The first thing to ask yourself when designing error handling, is what granularity is required? If you have a 10KLOC parser and it is allowed to give up when it encounters the first error, then that is an easier problem to solve than a parser that should continue the parsing at some synchronization point. Can you just throw away the stack, or exit the process then that’s easier than trying to get the process back into a known state by unwinding the stack.

Error codes can be ignored! That’s a solved problem in Rust, but the two other recent systems programming languages Go and Swift does not AFAICT provide mechanisms for enforcing checks of return types.

The line between programmer bugs and genuine errors is hard to draw: Java has checked exceptions but introduced RuntimeException to deal with indices out of bounds, illegal arguments, and so forth. Go and Rust both have a separate panic statement for critical bugs.
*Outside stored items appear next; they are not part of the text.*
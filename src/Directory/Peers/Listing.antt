-- ===== src/Directory/Peers/Listing.antt =====
-- What the listings of a directory hold.
use concat.Base.{
  ◌≡◌, ◌≢◌, refl, Text, text_eq, text_dec, codes, Bool, true, false, ◌||◌, none, some, List, [],
  ◌∷◌, ◌++◌, ok, arith, any, contains, contains-insert, insert, Nodup, Nodup-insert, In, has_prefix,
  has_suffix, drop_last_two, Bool-cases, inl, inr, ◌⊎◌,
}
use concat.Base.Dict.{lookup, NodupKeys}
use concat.Query.Filter.Namespace.{
  Pattern, everything, family, exactly, pattern_text, drop_last-family, drop_last-dot,
  family_not_star,
}
use concat.Directory.Types.{PeerRecord, Peers}
use concat.Directory.Peers.{
  PeerFilter, peer_filter, some_has_prefix, some_equals, list_peers_filter, list_peers,
  add_namespaces, collect_namespaces, list_namespaces,
}

-- The namespaces that a peer publishes.
abbrev pub namespaces_of : PeerRecord → List Text
namespaces_of rec = elim (rec.publisher) [ none ↦ [] | some publisher ↦ publisher.namespaces ]

-- A peer provides a pattern of namespaces.
pub provides : Pattern → PeerRecord → Bool
provides everything rec = true
provides (family p) rec = any (λ ns. has_prefix ns p) (namespaces_of rec)
provides (exactly ns) rec = contains (namespaces_of rec) ns

-- The patterns that a request can name.
abbrev pub IsRequest : Pattern → Type 0
IsRequest everything = Unit
IsRequest (family p) = Unit
IsRequest (exactly ns) = (ns ≢ []) × (ns ≢ codes "*") × (has_suffix ns (codes ".*") ≡ false)

some_has_prefix-eq :
    (nss : List Text) (p : Text) → some_has_prefix nss p ≡ any (λ ns. has_prefix ns p) nss
unfolding some_has_prefix
some_has_prefix-eq [] p = refl
some_has_prefix-eq (ns ∷ nss) p = ground (arith, some_has_prefix-eq nss p)

some_equals-eq : (nss : List Text) (ns : Text) → some_equals nss ns ≡ contains nss ns
unfolding some_equals
some_equals-eq [] ns = refl
some_equals-eq (x ∷ nss) ns = ground (arith, some_equals-eq nss ns)

has_suffix-family : (p : Text) → has_suffix (p ++ codes ".*") (codes ".*") ≡ true
unfolding has_suffix text_dec
has_suffix-family [] = refl
has_suffix-family (c ∷ p) = ground (arith, has_suffix-family p)

family_not_empty : (p : Text) → p ++ codes ".*" ≢ []
family_not_empty [] e = ground arith
family_not_empty (c ∷ p) e = ground arith

-- The filter of a request answers what the pattern says.
peer_filter-provides :
    (pat : Pattern)
    → IsRequest pat
    → (f : PeerFilter) × (peer_filter (pattern_text pat) ≡ ok f)
      × ((rec : PeerRecord) → f rec ≡ provides pat rec)
unfolding peer_filter provides drop_last_two
peer_filter-provides everything r = (λ rec. true, unfold text_dec in refl, λ rec. refl)
peer_filter-provides (family p) r = (
  λ rec. elim (rec.publisher) [
    | none ↦ false
    | some publisher ↦ some_has_prefix publisher.namespaces p
  ],
  ground (
    arith,
    family_not_star p,
    family_not_empty p,
    has_suffix-family p,
    drop_last-family p,
    drop_last-dot p,
  ),
  λ rec. ground (arith, some_has_prefix-eq (namespaces_of rec) p),
)
peer_filter-provides (exactly ns) (nonempty, plain, single) = (
  λ rec. elim (rec.publisher) [
    | none ↦ false
    | some publisher ↦ some_equals publisher.namespaces ns
  ],
  ground arith,
  λ rec. ground (arith, some_equals-eq (namespaces_of rec) ns),
)

-- A peer of the directory that provides a pattern, printed.
pub record Listed (pretty : Text → Text) (pat : Pattern) (peers : Peers) (x : Text) : Type 0 where
  pub pid : Text
  pub rec : PeerRecord
  pub found : lookup peers pid ≡ some rec
  pub provided : provides pat rec ≡ true
  pub printed : x ≡ pretty pid

module _ (pretty : Text → Text) (pat : Pattern) (f : PeerFilter)
    (answers : (rec : PeerRecord) → f rec ≡ provides pat rec) where
  Listed-cons :
      (pid : Text) (rec : PeerRecord) (peers : Peers) (x : Text)
      → lookup peers pid ≡ none
      → Listed pretty pat peers x
      → Listed pretty pat ((pid, rec) ∷ peers) x
  unfolding lookup
  Listed-cons pid rec peers x fresh l = record {
    pid = l.pid;
    rec = l.rec;
    found = ground (arith, l.found);
    provided = l.provided;
    printed = l.printed;
  }

  filtered-In :
      (x : Text) (peers : Peers)
      → NodupKeys peers
      → In x (list_peers_filter pretty f peers)
      → Listed pretty pat peers x
  unfolding list_peers_filter lookup
  filtered-In x [] u i = absurd i
  filtered-In x ((pid, rec) ∷ peers) (fresh, u) i = elim (Bool-cases (f rec)) [
    | inl t ↦
        let j : (x ≡ pretty pid) ⊎ In x (list_peers_filter pretty f peers) = rw t at i in
        elim j [
          | inl e ↦ record {
            pid = pid;
            rec = rec;
            found = ground arith;
            provided = ground (arith, answers rec);
            printed = e;
          }
          | inr k ↦ Listed-cons pid rec peers x fresh (filtered-In x peers u k)
        ]
    | inr t ↦
        let k : In x (list_peers_filter pretty f peers) = rw t at i in
        Listed-cons pid rec peers x fresh (filtered-In x peers u k)
  ]

  In-filtered :
      (pid : Text) (rec : PeerRecord) (peers : Peers)
      → lookup peers pid ≡ some rec
      → provides pat rec ≡ true
      → In (pretty pid) (list_peers_filter pretty f peers)
  unfolding list_peers_filter lookup
  In-filtered pid rec [] h p = cc
  In-filtered pid rec ((j, r) ∷ peers) h p = elim (text_dec pid j) [
    | yes e ↦ ground (arith, answers r)
    | no n ↦ ground (arith, In-filtered pid rec peers (ground arith) p)
  ]

-- A listing succeeds, and holds exactly the peers that provide what is asked for: all, those with a
-- namespace that begins with the prefix, or those with the one namespace.
pub list_peers-Listed :
    (pretty : Text → Text) (pat : Pattern) (peers : Peers)
    → IsRequest pat
    → NodupKeys peers
    → (l : List Text) × (list_peers pretty (pattern_text pat) peers ≡ ok l)
      × ((x : Text) → In x l → Listed pretty pat peers x)
      × ((x : Text) → Listed pretty pat peers x → In x l)
unfolding list_peers
list_peers-Listed pretty pat peers r u =
    let (f, made, answers) = peer_filter-provides pat r in
    (
      list_peers_filter pretty f peers,
      rw (made, list_peers),
      λ x i. filtered-In pretty pat f answers x peers u i,
      λ x l. rw (l.printed) (In-filtered pretty pat f answers l.pid l.rec peers l.found l.provided),
    )

contains-add_namespaces :
    (nsset nss : List Text) (ns : Text)
    → contains (add_namespaces nsset nss) ns ≡ (contains nsset ns || contains nss ns)
unfolding add_namespaces
contains-add_namespaces nsset [] ns = ground arith
contains-add_namespaces nsset (x ∷ nss) ns =
    ground (arith, contains-add_namespaces (insert nsset x) nss ns, contains-insert nsset x ns)

add_namespaces-Nodup : (nsset nss : List Text) → Nodup nsset → Nodup (add_namespaces nsset nss)
unfolding add_namespaces
add_namespaces-Nodup nsset [] u = u
add_namespaces-Nodup nsset (x ∷ nss) u =
    add_namespaces-Nodup (insert nsset x) nss (Nodup-insert nsset x u)

-- Some peer publishes a namespace.
pub published : Text → Peers → Bool
published ns [] = false
published ns ((_, rec) ∷ peers) = contains (namespaces_of rec) ns || published ns peers

contains-collect_namespaces :
    (nsset : List Text) (peers : Peers) (ns : Text)
    → contains (collect_namespaces nsset peers) ns ≡ (contains nsset ns || published ns peers)
unfolding collect_namespaces published
contains-collect_namespaces nsset [] ns = ground arith
contains-collect_namespaces nsset ((_, rec) ∷ peers) ns = ground (
  arith,
  contains-collect_namespaces nsset peers ns,
  contains-collect_namespaces (add_namespaces nsset (namespaces_of rec)) peers ns,
  contains-add_namespaces nsset (namespaces_of rec) ns,
)

collect_namespaces-Nodup :
    (nsset : List Text) (peers : Peers) → Nodup nsset → Nodup (collect_namespaces nsset peers)
unfolding collect_namespaces
collect_namespaces-Nodup nsset [] u = u
collect_namespaces-Nodup nsset ((_, rec) ∷ peers) u = ground (
  arith,
  collect_namespaces-Nodup nsset peers u,
  collect_namespaces-Nodup (add_namespaces nsset (namespaces_of rec)) peers,
  add_namespaces-Nodup nsset (namespaces_of rec) u,
)

-- The list of namespaces holds what some peer publishes, nothing else, and nothing twice.
pub list_namespaces-published :
    (peers : Peers)
    → ((ns : Text) → contains (list_namespaces peers) ns ≡ published ns peers)
      × Nodup (list_namespaces peers)
unfolding list_namespaces
list_namespaces-published peers =
    (contains-collect_namespaces [] peers, collect_namespaces-Nodup [] peers tt)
The line between errors and regular, to be expected, return values has tripped up many. C# and Java used exceptions for signaling that an integer could not be parsed! Those “vexing exceptions” should never have been exceptions.

It is hard to fulfill all of Joe Duffys criteria. Erlang is usable, reliable, concurrent, diagnosable, and composable but it is slow compared to the alternatives. C and Go are reliable and concurrent but it fails on the usable criteria: it’s easy to ignore a return value. As for composability: Many languages have introduced special syntactic forms for handling errors, but with stick error patterns surprisingly much can be achieved using just return values. C++ exceptions fails the diagnosable criteria (no stacktraces) and usability (it’s easy to write code that doesn’t handle exceptions that should be handled).